5. The mechanical instrument identification method according to claim 1, characterized in that, The target detection model used in step S4 is the YOLOv10 model, and the ECA attention mechanism is introduced into the network structure of the YOLOv10 model. The loss function used by the target detection model is the CIoU loss function, and the anchor frame size of the target detection model is adjusted according to the dial specifications of the mechanical instrument to be identified.
6. The mechanical instrument identification method according to claim 1, characterized in that, In step S4, multiple candidate contours are obtained by contour detection and contour extraction within the dial area. Then, the multiple candidate contours are filtered based on the preset pointer feature conditions to obtain the effective pointer contour.

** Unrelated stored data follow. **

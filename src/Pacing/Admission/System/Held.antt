-- ===== src/Pacing/Admission/System/Held.antt =====
-- A deadline of one origin of crates/erabi-crawler/src/pacing.rs, once set, is kept by every
-- interleaving until the clock has passed it, and no admission comes before that.
use erabi.Base.{
  ℕ, ◌+◌, ◌≤◌, ◌<◌, ◌≡◌, refl, ◌≢◌, ◌⊎◌, inl, inr, Bool, true, false, Option, none, some, ok, err,
  arith, saturating_add, u8_max,
}
use native.Mathlib.Decide.{dec_le}
use native.Mathlib.Nat.{le_trans}
use erabi.Pacing.{
  Duration, Instant, PacingOutcome, success, failed, rate_limited, RetryAfterTiming, delay,
  OriginPacingState, effective_concurrency, normalize_expired_safety, latest_deadline, expire,
  bounded_backoff, add_registration, release_registration, register_waiter, release_waiter, release,
  record_outcome, later_deadline, record_retry_after, record_rate_limit,
}
use erabi.Pacing.Admission.{
  acquired, wait_until, wait_for_permit, Attempt, inspect, attempt, conclude, iterate, Iteration,
  admitted, refused, waits,
}
use erabi.Pacing.Admission.Attempt.{IsPast, AllPast, attempt-acquired_iff}
use erabi.Pacing.Admission.System.{
  System, after, Step, tick, register, unregister, enter, wait, record_evidence, finish,
  inspect_for_retirement, Reach, here, next, Admits,
}

-- A deadline not before the instant.
abbrev pub IsFrom : Instant → Option Instant → Type 0
IsFrom t none = ⊥
IsFrom t (some deadline) = t ≤ deadline

-- Some deadline of the origin is not before the instant.
abbrev pub Holds : Instant → OriginPacingState → Type 0
Holds t s = IsFrom t s.next_request_at ⊎ IsFrom t s.backoff_until ⊎ IsFrom t s.retry_after_until

expire-IsFrom :
    (t now : Instant) (o : Option Instant) → now < t → IsFrom t o → IsFrom t (expire now o)
expire-IsFrom t now none l h = h
expire-IsFrom t now (some d) l h = ground arith

normalize-Holds :
    (t now : Instant) (s : OriginPacingState)
    → now < t
    → Holds t s
    → Holds t (normalize_expired_safety s now)
unfolding normalize_expired_safety
normalize-Holds t now s l (inl h) = inl (expire-IsFrom t now s.next_request_at l h)
normalize-Holds t now s l (inr (inl h)) = inr (inl (expire-IsFrom t now s.backoff_until l h))
normalize-Holds t now s l (inr (inr h)) = inr (inr (expire-IsFrom t now s.retry_after_until l h))

later-IsFrom : (t c : Instant) (o : Option Instant) → IsFrom t o → t ≤ later_deadline o c
later-IsFrom t c none h = absurd h
later-IsFrom t c (some d) h = omega arith

not-IsPast : (t now : Instant) (o : Option Instant) → now < t → IsFrom t o → ¬ IsPast now o
not-IsPast t now none l h p = h
not-IsPast t now (some d) l h p = omega arith

not-AllPast : (t now : Instant) (s : OriginPacingState) → now < t → Holds t s → ¬ AllPast now s
not-AllPast t now s l (inl h) p = not-IsPast t now s.next_request_at l h p.0
not-AllPast t now s l (inr (inl h)) p = not-IsPast t now s.backoff_until l h p.1
not-AllPast t now s l (inr (inr h)) p = not-IsPast t now s.retry_after_until l h p.2

-- An attempt that takes no slot leaves the three deadlines of the state that it inspects.
inspect_deadlines :
    (s : OriginPacingState) (o : Option ℕ) (b : Option Instant) (d now : ℕ) (t : Instant)
    → (inspect s o b d now).1 ≢ ok acquired
    → Holds t s
    → Holds t (inspect s o b d now).0
inspect_deadlines s none b d now t n h = h
inspect_deadlines s (some c) none d now t n h = ground arith
inspect_deadlines s (some c) (some b) d now t n h = ground arith

attempt-Holds :
    (t : Instant) (s : OriginPacingState) (d now : ℕ)
    → now < t
    → Holds t s
    → Holds t (attempt s d now).0
unfolding attempt
attempt-Holds t s d now l h =
    let n = normalize_expired_safety s now in
    inspect_deadlines n (effective_concurrency n) (latest_deadline n) d now t
      (λ e. not-AllPast t now s l h ((attempt-acquired_iff s d now).0 e).1)
      (normalize-Holds t now s l h)

conclude-Holds :
    (t : Instant) (s : System) (a : Attempt) → Holds t a.0 → Holds t (after s (conclude a)).state
unfolding release_waiter
conclude-Holds t s (u, ok acquired) h = h
conclude-Holds t s (u, ok (wait_until d)) h = h
conclude-Holds t s (u, ok wait_for_permit) h = h
conclude-Holds t s (u, err e) h = h

iterate-Holds :
    (t : Instant) (s : System) (cancelled : Bool) (d : Duration)
    → s.now < t
    → Holds t s.state
    → Holds t (after s (iterate s.state cancelled d s.now)).state
unfolding iterate release_waiter
iterate-Holds t s true d l h = h
iterate-Holds t s false d l h =
    conclude-Holds t s (attempt s.state d s.now) (attempt-Holds t s.state d s.now l h)

retry-Holds :
    (t : Instant) (s : OriginPacingState) (d : Option Duration) (now : Instant)
    → Holds t s
    → Holds t (record_retry_after s d now).0
retry-Holds t s none now h = h
retry-Holds t s (some d) now h = ground (arith, later-IsFrom t (now + d) s.retry_after_until)

rate_limit-Holds :
    (t : Instant) (s : OriginPacingState) (r : RetryAfterTiming) (now : Instant)
    → Holds t s
    → Holds t (record_rate_limit s r now).0
rate_limit-Holds t s r now h =
    let count = saturating_add u8_max s.consecutive_rate_limits 1 in
    let until = now + bounded_backoff count in
    ground (
      arith,
      later-IsFrom t until s.backoff_until,
      retry-Holds t
          (record s {
            consecutive_rate_limits = count;
            backoff_until = some (later_deadline s.backoff_until until);
          })
          (delay r) now,
    )

outcome-Holds :
    (t : Instant) (s : OriginPacingState) (o : PacingOutcome) (now : Instant)
    → now < t
    → Holds t s
    → Holds t (record_outcome s o now).0
unfolding record_outcome
outcome-Holds t s success now l h = normalize-Holds t now s l h
outcome-Holds t s failed now l h = normalize-Holds t now s l h
outcome-Holds t s (rate_limited r) now l h =
    rate_limit-Holds t (normalize_expired_safety s now) r now (normalize-Holds t now s l h)

-- Either the clock has reached the instant, or a deadline holds it off.
unfoldable pub IsHeld : Instant → System → Type 0
IsHeld t s = (t ≤ s.now) ⊎ Holds t s.state

Step-IsHeld_later :
    {s u : System} (t : Instant) → Step s u → s.now < t → Holds t s.state → IsHeld t u
unfolding IsHeld add_registration release_registration register_waiter release
Step-IsHeld_later t (tick s now l) p h = inr h
Step-IsHeld_later t (register s id c l) p h = inr h
Step-IsHeld_later t (unregister s id) p h = inr h
Step-IsHeld_later t (enter s l) p h = inr h
Step-IsHeld_later t (wait s cancelled d w) p h = inr (iterate-Holds t s cancelled d p h)
Step-IsHeld_later t (record_evidence s o q) p h = inr (outcome-Holds t s.state o s.now p h)
Step-IsHeld_later t (finish s q) p h = inr h
Step-IsHeld_later t (inspect_for_retirement s) p h = inr (normalize-Holds t s.now s.state p h)

now-after : (s : System) (r : OriginPacingState × Iteration) → (after s r).now ≡ s.now
now-after s (t, admitted) = refl
now-after s (t, refused e) = refl
now-after s (t, waits a) = refl

Step-now : {s u : System} → Step s u → s.now ≤ u.now
Step-now (tick s t l) = l
Step-now (register s id c l) = omega arith
Step-now (unregister s id) = omega arith
Step-now (enter s l) = omega arith
Step-now (wait s cancelled d w) = omega (arith, now-after s (iterate s.state cancelled d s.now))
Step-now (record_evidence s o p) = omega arith
Step-now (finish s p) = omega arith
Step-now (inspect_for_retirement s) = omega arith

Step-IsHeld : {s u : System} (t : Instant) → Step s u → IsHeld t s → IsHeld t u
unfolding IsHeld
Step-IsHeld {s} {u} t st (inl p) = inl (le_trans p (Step-now st))
Step-IsHeld {s} {u} t st (inr h) = elim (dec_le t s.now) [
  | yes p ↦ inl (le_trans p (Step-now st))
  | no p ↦ Step-IsHeld_later t st (omega arith) h
]

pub Reach-IsHeld : {s u : System} (t : Instant) → Reach s u → IsHeld t s → IsHeld t u
Reach-IsHeld t here h = h
Reach-IsHeld t (next r st) h = Step-IsHeld t st (Reach-IsHeld t r h)

admitted-acquired : (a : Attempt) → (conclude a).1 ≡ admitted → a.1 ≡ ok acquired
admitted-acquired (s, ok acquired) h = refl
admitted-acquired (s, ok (wait_until d)) h = cc
admitted-acquired (s, ok wait_for_permit) h = cc
admitted-acquired (s, err e) h = cc

pub Admits-acquired :
    {s : System} {d : Duration} → Admits s d → (attempt s.state d s.now).1 ≡ ok acquired
unfolding iterate
Admits-acquired {s} {d} a = admitted-acquired (attempt s.state d s.now) a.granted

-- An instant that is held off is no instant of an admission.
pub held-le : {s : System} (t : Instant) (d : Duration) → IsHeld t s → Admits s d → t ≤ s.now
unfolding IsHeld
held-le t d (inl p) a = p
held-le {s} t d (inr h) a = elim (dec_le t s.now) [
  | yes p ↦ p
  | no p ↦ absurd (
      not-AllPast t s.now s.state (omega arith) h
        ((attempt-acquired_iff s.state d s.now).0 (Admits-acquired a)).1)
]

7. The mechanical instrument identification method according to claim 6, characterized in that, The preset pointer feature conditions in step S4 include shape filtering conditions, grayscale filtering conditions, and position filtering conditions. The shape filtering condition is that the candidate contour is a thin, elongated frame. The grayscale filtering condition is that the grayscale value of the candidate contour is within a preset pointer grayscale range. The position filtering condition is that the candidate contour is located within a region defined by a preset range position.
8. The mechanical instrument identification method according to claim 1, characterized in that, After performing step S5, the method further includes: If the valid pointer profile is not extracted in step S4 or the deviation of the instrument reading from the corresponding fixed normal operating reading in step S5 exceeds a preset abnormal threshold, then the instrument is determined to be abnormal.
9. A mechanical instrument identification system based on multi-view fusion, characterized in that, The mechanical instrument identification method according to any one of claims 1-8 includes: The multi-view image acquisition module is used to simultaneously acquire multiple frames of raw images of the mechanical instrument to be identified by at least two monitoring devices deployed in different locations. The preprocessing and registration module is connected to the multi-view image acquisition module. It is used to preprocess each frame of the original image and use the preprocessed image with the highest resolution as the reference image to perform feature matching and spatial transformation to obtain multi-frame registered images. The image enhancement and dial recognition module is connected to the preprocessing and registration module. It is used to perform weighted fusion and image enhancement on multiple registered images to obtain an enhanced image, and to identify and locate the dial area based on the target detection model. The pointer segmentation and anomaly determination module, connected to the image enhancement and dial recognition module, is used to extract and filter valid pointer outlines within the dial area, and then combine them with the operating status data of the mechanical instrument to be identified to perform reading verification and anomaly determination to obtain the instrument reading.